Your children need you more than you will
ever be aware of. Inside that little monster who seems to ‘like’ troubling you
and testing your patience after you’ve had a hard day at your workplace, is the
angel who wants you to guide him, do things for him, teach him and help him
because he cannot help himself enough.
Children need you to set things right for them all the time. Set their
beds, their clothes, their schoolbags, homework, books as well as limits and
goals and their life…
A good mentor is the best thing that can
happen to your child. And who other than yourself can guide your little one
better? Your toddler’s investigating mind is always eager to reach out to newer
targets (which in her case may just be the new crystal vase on the table!) But
realistically your children want to do newer things, discover new toys, new
objects, ask you fresh questions everyday (that sometimes get to you because
you are fed up of answering them incessantly). But these are the positive signs
you really want from your children. They are discovering the world and they
want to learn more. You need to set greener targets for them so that they keep
going.
Direction
not ‘directions’
You like to give your child intimidating ‘directions’
(commands), while they need gentle ‘direction’ (guidance). They are always
looking for things to reach out to, so instead of getting upset that they’re
messing the symmetry of your living room or your life; give your young explorer
word associations to help them sort what they may touch and what not. And add a
whole bunch of things they may freely explore (like newer puzzles and jigsaw
and board games for instance). You could create specific signals like:
"green signal" for safe things
"red signal" for objects
off-limits
"yellow signal" for faces or pets
More innovative ones for dangerous things
(e.g., stop sign, accident etc.). The more you guide them, the quicker they
will learn.
Respect
their wants
Your toddler has a jar of jellies, and
you have apparitions that in no time there will be a mess to clean up. You thoughtlessly
snatch the jar from her clutches, and within a millisecond you have set off a
protest tantrum from her. You've saved yourself a mess and now you don't have
to clean the floor, but now you have an emotional mess that you must care for.

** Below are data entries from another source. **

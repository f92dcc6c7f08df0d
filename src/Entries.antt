-- ===== src/Entries.antt =====
-- Sorted entries, which the data blocks and the memtable stand for, and the map operations on them.
use vroot_kv.Base.{
  ℕ, ◌≡◌, ◌⊎◌, refl, sym, ap, ◌∙◌, arith, true, false, Bool-cases, inl, inr, if◌then◌else◌, Option,
  none, some,
}
use vroot_kv.Base.{List, [], ◌∷◌}
use vroot_kv.Key.{
  Key, key_lt, key_eq, key_eq_refl, eq_of_key_eq, key_lt_trans, key_eq_of_lt, key_eq_comm,
  key_lt_total,
}

abbrev pub Entry : Type 0
Entry = Key × List ℕ

-- Every key is greater than the one before it.
abbrev pub Ascending : Key → List Entry → Type 0
Ascending k [] = Unit {0}
Ascending k ((k', v) ∷ es) = (key_lt k k' ≡ true) × Ascending k' es

abbrev pub IsSorted : List Entry → Type 0
IsSorted [] = Unit {0}
IsSorted ((k, v) ∷ es) = Ascending k es

-- The value that the entries give to a key.
unfoldable pub lookup : Key → List Entry → Option (List ℕ)
lookup key [] = none
lookup key ((k, v) ∷ es) = if key_eq k key then some v else lookup key es

-- The entries with a key added or its value replaced, and without a key.
unfoldable pub put_entry : Key → List ℕ → List Entry → List Entry
put_entry key w [] = (key, w) ∷ []
put_entry key w ((k, v) ∷ es) =
    if key_lt k key
    then (k, v) ∷ put_entry key w es
    else if key_eq k key
    then (k, w) ∷ es
    else (key, w) ∷ (k, v) ∷ es

unfoldable pub erase_entry : Key → List Entry → List Entry
erase_entry key [] = []
erase_entry key ((k, v) ∷ es) = if key_eq k key then es else (k, v) ∷ erase_entry key es

pub Ascending-IsSorted : (k : Key) (es : List Entry) → Ascending k es → IsSorted es
Ascending-IsSorted k [] h = tt
Ascending-IsSorted k ((k', v) ∷ es) h = h.1

-- A key below the first one is below all, and has no value.
pub Ascending-below :
    (j k : Key) (es : List Entry) → key_lt j k ≡ true → Ascending k es → Ascending j es
Ascending-below j k [] p h = tt
Ascending-below j k ((k', v) ∷ es) p h = (key_lt_trans j k k' p h.0, h.1)

pub lookup-Ascending : (k : Key) (es : List Entry) → Ascending k es → lookup k es ≡ none
unfolding lookup
lookup-Ascending k [] h = refl
lookup-Ascending k ((k', v) ∷ es) h =
    rw (key_eq_comm k' k, key_eq_of_lt k k' h.0)
      (lookup-Ascending k es (Ascending-below k k' es h.0 h.1))

key_eq_trans_false : (k key j : Key) → key_eq k key ≡ true → key_eq k j ≡ key_eq key j
key_eq_trans_false k key j e = ap (λ x. key_eq x j) (eq_of_key_eq k key e)

-- What `put_entry` does to every key, and that it keeps the order.
pub lookup-put_entry :
    (key : Key) (w : List ℕ) (es : List Entry) (j : Key)
    → lookup j (put_entry key w es) ≡ (if key_eq key j then some w else lookup j es)
unfolding lookup put_entry
lookup-put_entry key w [] j = refl
lookup-put_entry key w ((k, v) ∷ es) j = elim (Bool-cases (key_lt k key)) [
  | inl less ↦ rw (less, lookup-put_entry key w es j) (swap (Bool-cases (key_eq k j)) less)
  | inr more ↦ elim (Bool-cases (key_eq k key)) [
    | inl same ↦ rw (more, same, key_eq_trans_false k key j same) (ground arith)
    | inr other ↦ rw (more, other) refl
  ]
]
  where
    swap :
        (key_eq k j ≡ true) ⊎ (key_eq k j ≡ false)
        → key_lt k key ≡ true
        → (if key_eq k j then some v else if key_eq key j then some w else lookup j es)
          ≡ (if key_eq key j then some w else if key_eq k j then some v else lookup j es)
    swap (inl here) less =
        let apart : key_eq key j ≡ false =
          ap (λ x. key_eq key x) (sym (eq_of_key_eq k j here))
          ∙ key_eq_comm key k
          ∙ key_eq_of_lt k key less in
        rw (here, apart) refl
    swap (inr there) less = rw there refl

-- A key that is neither below another nor equal to it is above it.
pub above : (k key : Key) → key_lt k key ≡ false → key_eq k key ≡ false → key_lt key k ≡ true
above k key more other = elim (Bool-cases (key_lt key k)) [
  | inl yes_less ↦ yes_less
  | inr no_less ↦ absurd (cc (rw (key_lt_total k key more no_less, key_eq_refl key) at other))
]

put_entry-Ascending :
    (low key : Key) (w : List ℕ) (es : List Entry)
    → key_lt low key ≡ true
    → Ascending low es
    → Ascending low (put_entry key w es)
unfolding put_entry
put_entry-Ascending low key w [] p h = (p, tt)
put_entry-Ascending low key w ((k, v) ∷ es) p h = elim (Bool-cases (key_lt k key)) [
  | inl less ↦ rw less (h.0, put_entry-Ascending k key w es less h.1)
  | inr more ↦ elim (Bool-cases (key_eq k key)) [
    | inl same ↦ rw (more, same) (h.0, h.1)
    | inr other ↦ rw (more, other) (p, (above k key more other, h.1))
  ]
]

pub put_entry-IsSorted :
    (key : Key) (w : List ℕ) (es : List Entry) → IsSorted es → IsSorted (put_entry key w es)
unfolding put_entry
put_entry-IsSorted key w [] h = tt
put_entry-IsSorted key w ((k, v) ∷ es) h = elim (Bool-cases (key_lt k key)) [
  | inl less ↦ rw less (put_entry-Ascending k key w es less h)
  | inr more ↦ elim (Bool-cases (key_eq k key)) [
    | inl same ↦ rw (more, same) h
    | inr other ↦ rw (more, other) (above k key more other, h)
  ]
]

-- What `erase_entry` does to every key, and that it keeps the order.
pub lookup-erase_entry :
    (key : Key) (es : List Entry) (j : Key)
    → IsSorted es
    → lookup j (erase_entry key es) ≡ (if key_eq key j then none else lookup j es)
unfolding lookup erase_entry
lookup-erase_entry key [] j h = ground arith
lookup-erase_entry key ((k, v) ∷ es) j h = elim (Bool-cases (key_eq k key)) [
  | inl same ↦ rw (same, key_eq_trans_false k key j same) (gone (Bool-cases (key_eq key j)) same)
  | inr other ↦
      rw (other, lookup-erase_entry key es j (Ascending-IsSorted k es h))
        (kept (Bool-cases (key_eq k j)) other)
]
  where
    gone :
        (key_eq key j ≡ true) ⊎ (key_eq key j ≡ false)
        → key_eq k key ≡ true
        → lookup j es
          ≡ (if key_eq key j then none else if key_eq key j then some v else lookup j es)
    gone (inl here) same = rw here (
        ap (λ x. lookup x es) (sym (eq_of_key_eq k key same ∙ eq_of_key_eq key j here))
        ∙ lookup-Ascending k es h)
    gone (inr there) same = rw there refl

    kept :
        (key_eq k j ≡ true) ⊎ (key_eq k j ≡ false)
        → key_eq k key ≡ false
        → (if key_eq k j then some v else if key_eq key j then none else lookup j es)
          ≡ (if key_eq key j then none else if key_eq k j then some v else lookup j es)
    kept (inl here) other =
        let apart : key_eq key j ≡ false =
          ap (λ x. key_eq key x) (sym (eq_of_key_eq k j here)) ∙ key_eq_comm key k ∙ other in
        rw (here, apart) refl
    kept (inr there) other = rw there refl

erase_entry-Ascending :
    (low key : Key) (es : List Entry) → Ascending low es → Ascending low (erase_entry key es)
unfolding erase_entry
erase_entry-Ascending low key [] h = tt
erase_entry-Ascending low key ((k, v) ∷ es) h = elim (Bool-cases (key_eq k key)) [
  | inl same ↦ rw same (Ascending-below low k es h.0 h.1)
  | inr other ↦ rw other (h.0, erase_entry-Ascending k key es h.1)
]

pub erase_entry-IsSorted :
    (key : Key) (es : List Entry) → IsSorted es → IsSorted (erase_entry key es)
unfolding erase_entry
erase_entry-IsSorted key [] h = tt
erase_entry-IsSorted key ((k, v) ∷ es) h = elim (Bool-cases (key_eq k key)) [
  | inl same ↦ rw same (Ascending-IsSorted k es h)
  | inr other ↦ rw other (erase_entry-Ascending k key es h)
]
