-- ===== src/Sstable/DataBlock/Layout.antt =====
-- What a data block holds, in plain terms: runs of entries, and the reads of an entry.
use vroot_kv.Base.{ℕ, zero, suc, ◌+◌, ◌-◌, ◌*◌, ◌^◌, ◌≤◌, ◌<◌, ◌≡◌, refl, sym, ap, ◌∙◌, arith, min}
use vroot_kv.Base.{
  List, [], ◌∷◌, ◌++◌, append_assoc, length, take, drop, get_elem?, get_or, split_at, All, ◌==◌,
  if◌then◌else◌, Bool, true, false,
}
use vroot_kv.Base.{
  length-append, length-drop, take-append, drop-append, drop-append_right, take-append-drop,
}
use vroot_kv.Base.{Option, none, some, Result, ok, ◌>>=◌}
use vroot_kv.Codec.Bytes.{u32}
use vroot_kv.Codec.Fixed.{to_le, from_le, decode_fixed32, length-to_le, from_le-to_le}
use vroot_kv.Key.{Key, key_lt, key_eq}
use vroot_kv.Sstable.DataBlock.Builder.{shared_prefix, shared_loop}
use vroot_kv.Sstable.DataBlock.Reader.{BlockError, Header, read_header}
pub use vroot_kv.Entries.{Entry, Ascending, IsSorted}
unfoldable pub use vroot_kv.Entries.{lookup}
pub mod Parts
pub mod Runs

abbrev pub Run : Type 0
Run = List Entry

-- One entry as its five parts.
unfoldable pub entry_bytes : ℕ → Key → List ℕ → List ℕ
entry_bytes shared k v =
    to_le 4 shared ++ (to_le 4 (length k - shared) ++ (to_le 4 (length v) ++ (drop shared k ++ v)))

-- The entries behind the key `prev`, and the runs one behind the other.
unfoldable pub encode_run : Key → Run → List ℕ
encode_run prev [] = []
encode_run prev ((k, v) ∷ es) = entry_bytes (shared_prefix prev k) k v ++ encode_run k es

unfoldable pub encode_runs : List Run → List ℕ
encode_runs [] = []
encode_runs (r ∷ rs) = encode_run [] r ++ encode_runs rs

-- Where each run begins, the first one at `base`.
unfoldable pub run_offsets : ℕ → List Run → List ℕ
run_offsets base [] = []
run_offsets base (r ∷ rs) = base ∷ run_offsets (base + length (encode_run [] r)) rs

abbrev pub flatten : List Run → Run
flatten [] = []
flatten (r ∷ rs) = r ++ flatten rs

-- Key and value have lengths that fit the header.
abbrev pub IsEntry : Entry → Type 0
IsEntry (k, v) = (length k < 2 ^ 32) × (length v < 2 ^ 32)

You have hurt her and she probably is not so sure why. You have to set the right
limits for your little ones and for yourself. And you have to show the
right direction so they know what’s right and what’s not.
Make
the effort
It’s hard for people to set limits and
goals for themselves too. When you want to lose weight and avoid those extra
calories you’d love to gorge on, it takes effort, you occasionally fail and
cross your limits. Another time, you fail to meet targets you had set for
yourself at work. Your children don't even know what limits and goals mean. You
need to teach them. And you have to be the smarter one (you ARE the smarter
one!) This is what you need to do:
- Make good eye contact and show concern
- Divert attention elsewhere when feasible
- Open the jar and give her three jellybeans
- Make it clear how she should eat it nicely
- Remind her to ‘thank you’ for these jellies
- Tell her she can have 3 more the next day
- Politeness (from you)
- Respect for her desire
- Shows who is in charge
- Allows her to thank you
- Sets limits for 3 jellybeans
- Deletes chances of a tantrum
Get
into their shoes
Children do annoying things because they
don't think like you. If you think they’re at your level of intellect and
understanding, you are going to be let down. You are likely to have a miserable
day if you let your children’s mess bother you. Think of it from their viewpoint As you enter the house, you see
your three-year-old splashing water all over the floor. And you sink into the
clichéd mindset:
- “Oh, no! Now I have to clean up all this mess!”
- “Doesn't she realize I had a long hard day?”
- “Why does this happen every single day?”
- “Why does she like to do this to me?”
- “This is fun. Now we don't have to shower we’re so clean!”
- “Next time we'll do this more in the shower and not here!”
- “Water is OK, it’s going to dry but you can help me clean it!”
- “We can’t do this with other things and we wont repeat it here!”